Al Duborg

Ramón Antonio

RAMÓN ANTONIO

 

Nací un 31 de agosto de 1940, mi niñez algo gris por ser un sobreviviente de la fiebre del tifus que el momento surgía mataba a todo el que conseguía, usaba alpargatas y hasta descalzo andaba, dormía en chinchorro prestado y con muchos huecos de ñapa.

Llegó la adolescencia, y de verdad lo era, adolecíamos de todo menos de ese cariño materno fiel y divino en su esencia, tuve como aliado a el tiempo para la prueba del día, mi juventud precoz permitía cualquier trabajo o faena, buscaba agua en tinas con singular simpatía, al llegar a casa raudamente vestía  y al liceo salía.

La monotonía de una humilde familia, pero amorosa, me apoyaban en los estudios con lo poco que había, luego de retorno a casa me disponía a vender empanadas y lustrar zapatos para ayudar en mi lar la economía y orgullosamente la orden de mi mamá cumplía.

Me hice hombre y a la capital me iría a estudiar una carrera que en mi provincia no existía, con el corazón en pedazos dejaba mamá, hermanas y la novia que tenía, pero era necesario pues ellos entendían que pronto estaría de vuelta graduado en Pedagogía.

Así mismo fue, regresé lleno de alegría, me recibió mi familia, amigos y la novia mía, que al cabo de un año de esposa me la ponía. De allí salieron tres hijos, para mayor alegría, le fui agarrando el gusto a la dolce vita con un sueldazo y un carrote que lucía, tuve dos hijos más pero en otra compañía, en nueve años después nuevas nupcias contraía, y sin esperar más ni menos publicaría, la existencia de otra hija para sumar nueve el número de las crías, pero es que en cuestiones de amores, discúlpenme la porfía.

Trabajé como docente en el liceo del barrio que tanto quería, dediqué 28 años de alquimia y de biología, hasta jubilarme un día, saludado por ex alumnos, alumnos, profesores,  personal obrero y secretaría, y todo el mundo decía, se va el profesor alegre y nos deja sus conocimientos, chistes con que siempre nos jodía.

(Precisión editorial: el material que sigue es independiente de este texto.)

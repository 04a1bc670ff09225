-- ===== src/Simulator/Connection.antt =====
-- services/supply-chain-simulator/src/supply_chain_simulator/db.py
pub mod Dsn
mod Tests
use Prim.Native.String.{len, slice, ◌++◌}
use text.Mathlib.Text.{starts_with}
use sentinel_chain.Base.{ℕ, String, Bool, true, false, if◌then◌else◌}
use sentinel_chain.Base.Int.{ℤ, pos}
use sentinel_chain.Base.Result.{Result, ok, err}
use sentinel_chain.Base.Exec.{Exec, ◌>>=◌, ◌>>◌}

-- `s[n:]`; the texts that are cut off here are ASCII, so that bytes are letters.
abbrev pub from : ℕ → String → String
from n s = slice s n (len s)

unfoldable pub to_sqlalchemy_url : String → String
to_sqlalchemy_url dsn =
    if starts_with dsn "postgresql+"
    then dsn
    else (if starts_with dsn "postgresql://"
        then "postgresql+psycopg://" ++ from (len "postgresql://") dsn
        else (if starts_with dsn "postgres://"
            then "postgresql+psycopg://" ++ from (len "postgres://") dsn
            else dsn))

-- `create_engine`, with its keyword arguments
pub record EngineOptions : Type 0 where
  pub echo : Bool
  pub pool_pre_ping : Bool
  pub pool_size : ℤ
  pub max_overflow : ℤ
  pub future : Bool

-- SQLAlchemy's engine, as far as the service uses it: making one, and a connection in which a
-- statement is executed.
pub record Sqlalchemy (X : Type 0) : Type 1 where
  pub Engine : Type 0
  pub Connection : Type 0
  pub create_engine : String → EngineOptions → Result X Engine
  pub connect : Exec X Engine Connection
  pub execute : Connection → String → Exec X Engine (Unit {0})
  pub close : Connection → Exec X Engine (Unit {0})

module _ {X : Type 0} (sqlalchemy : Sqlalchemy X) where
  unfoldable pub make_engine : String → Result X sqlalchemy.Engine
  make_engine dsn = sqlalchemy.create_engine (to_sqlalchemy_url dsn) (record {
    echo = false;
    pool_pre_ping = true;
    pool_size = pos 5;
    max_overflow = pos 5;
    future = true;
  })

  -- the `with` statement: the connection is closed, whether the statement returned or raised
  abbrev pub closing :
      sqlalchemy.Connection
      → Result X (Unit {0}) × sqlalchemy.Engine
      → Result X (Unit {0}) × sqlalchemy.Engine
  closing conn (ok u, e) = sqlalchemy.close conn e
  closing conn (err x, e) = (sqlalchemy.close conn >> λ e'. (err x, e')) e

  abbrev pub select_one : Exec X sqlalchemy.Engine (Unit {0})
  select_one = sqlalchemy.connect >>= λ conn e. closing conn (sqlalchemy.execute conn "SELECT 1" e)

  abbrev pub succeeded : Result X (Unit {0}) → Bool
  succeeded (ok u) = true
  succeeded (err x) = false

  unfoldable pub ping : sqlalchemy.Engine → Bool × sqlalchemy.Engine
  ping e = let (r, e') = select_one e in (succeeded r, e')
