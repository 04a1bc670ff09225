-- ===== src/Probes/Services.antt =====
-- The readiness of the two services, as their `main.py` gives it to the server.
use sentinel_chain.Base.{String, ◌≡◌, refl, sym, ◌↔◌, inl, inr, Bool, true}
use sentinel_chain.Base.Result.{Result, ok, err}
use sentinel_chain.Base.Runtime.{Runtime}
use sentinel_chain.Probes.{Reply, do_get}
use sentinel_chain.Probes.Answers.{do_get-Fits, live≢ready}
use sentinel_chain.Usgs.System.{Raised, System}
use sentinel_chain.Usgs.Poller.{PollStats, poll_once}
use sentinel_chain.Usgs.Main.{Service, started, poll_round, wait, is_caught, ready_after}
use sentinel_chain.Simulator.Connection.{Sqlalchemy, select_one, succeeded, ping}

-- `lambda: state["ready"]`
abbrev pub usgs_probe :
    {R : Runtime} {X : Type 0} (sys : System R X) → Service sys → Bool × Service sys
usgs_probe sys service = (service.is_ready, service)

-- `lambda: ping(engine)`
abbrev pub simulator_probe :
    {X : Type 0} (sqlalchemy : Sqlalchemy X) → sqlalchemy.Engine → Bool × sqlalchemy.Engine
simulator_probe sqlalchemy = ping sqlalchemy

-- The answers of the two servers.
abbrev pub usgs_get :
    {R : Runtime} {X : Type 0} (sys : System R X) → String → Service sys → Reply × Service sys
usgs_get sys = do_get (usgs_probe sys)

abbrev pub simulator_get :
    {X : Type 0} (sqlalchemy : Sqlalchemy X)
    → String
    → sqlalchemy.Engine
    → Reply × sqlalchemy.Engine
simulator_get sqlalchemy = do_get (simulator_probe sqlalchemy)

-- What a call that may raise did.
abbrev pub Returned : {E A : Type 0} → Result E A → Type 0
Returned {A = A} r = (a : A) × (r ≡ ok a)

pub Returned-ready_after :
    {R : Runtime} {X : Type 0} (sys : System R X) (r : Result (Raised R X) PollStats)
    (before : Bool)
    → is_caught sys r ≡ true
    → (ready_after sys r before ≡ true) ↔ Returned r
Returned-ready_after sys (ok stats) before h = (λ k. (stats, refl), λ k. refl)
Returned-ready_after sys (err e) before h = (λ k. absurd (cc (rw h at k)), λ k. absurd (cc (k.1)))

pub Returned-succeeded :
    {X : Type 0} (sqlalchemy : Sqlalchemy X) (r : Result X (Unit {0}))
    → (succeeded sqlalchemy r ≡ true) ↔ Returned r
Returned-succeeded sqlalchemy (ok u) = (λ h. (u, refl), λ h. refl)
Returned-succeeded sqlalchemy (err x) = (λ h. absurd (cc h), λ h. absurd (cc (h.1)))

-- An answer 200 on the readiness path.
abbrev pub IsReady : {W : Type 0} → (W → Bool × W) → W → Type 0
IsReady is_ready w = (do_get is_ready "/health/ready" w).0.code ≡ 200

IsReady-probe :
    {W : Type 0} (is_ready : W → Bool × W) (w : W) → IsReady is_ready w ↔ ((is_ready w).0 ≡ true)
IsReady-probe is_ready w =
    let fits = (do_get-Fits is_ready "/health/ready" w).1.0 in
    (
      λ h. elim (fits.0 h) [ inl e ↦ absurd (live≢ready (sym e)) | inr k ↦ k.1 ],
      λ h. fits.1 (inr (refl, h)),
    )

both : {A B C : Type 0} → A ↔ B → B ↔ C → A ↔ C
both h k = (λ a. k.0 (h.0 a), λ c. h.1 (k.1 c))

module _ {R : Runtime} {X : Type 0} (sys : System R X) (sqlalchemy : Sqlalchemy X) where
  -- The ingestion service answers 503 on its readiness path before its first poll; after a poll
  -- that returned or raised an `Exception`, and a wait, it answers 200 exactly if that poll
  -- returned. The simulator answers 200 exactly if it could connect, execute its query and close
  -- the connection.
  pub IsReady-Returned :
      (env : sys.Env) (store : sys.store.State) (service : Service sys) (pass : sys.Env → sys.Env)
      (engine : sqlalchemy.Engine)
      → is_caught sys (poll_once sys service.poll).0 ≡ true
      → ((usgs_get sys "/health/ready" (started sys env store)).0.code ≡ 503)
        × ((((usgs_get sys "/health/ready" (wait sys pass (poll_round sys service))).0.code ≡ 200)
              ↔ Returned (poll_once sys service.poll).0)
            × (((simulator_get sqlalchemy "/health/ready" engine).0.code ≡ 200)
                ↔ Returned (select_one sqlalchemy engine).0))
  unfolding poll_round ping
  IsReady-Returned env store service pass engine caught = (
    (do_get-Fits (usgs_probe sys) "/health/ready" (started sys env store)).1.1.0.1 (refl, refl),
    (
      both (IsReady-probe (usgs_probe sys) (wait sys pass (poll_round sys service)))
          (Returned-ready_after sys (poll_once sys service.poll).0 service.is_ready caught),
      both (IsReady-probe (simulator_probe sqlalchemy) engine)
          (Returned-succeeded sqlalchemy (select_one sqlalchemy engine).0),
    ),
  )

Tomé la decisión de trotar y de forma religiosa diariamente lo hacía, sin importar que del corazón sufría, del cual me salvé después de una cirugía, hasta una tarde de un viernes del 10 de febrero sería, que de forma inesperada me iría, un infarto al miocardio me sorprendía.

Disculpen los que me lean si a cliché les parece esta sintonía, allí les dejo a Leonardo a quien inspiro y de quien sigo siendo el guía, para escribir estas líneas en forma de poesía, LA VIDA ES PARA VIVIRLA Y NO PARA ENTENDERLA, lo dije horas antes mientras de este mundo me despedía. Que la providencia les de salud cada día, y nunca olvidaré como a cada uno de mis hijos, PIN DUNO  consentía.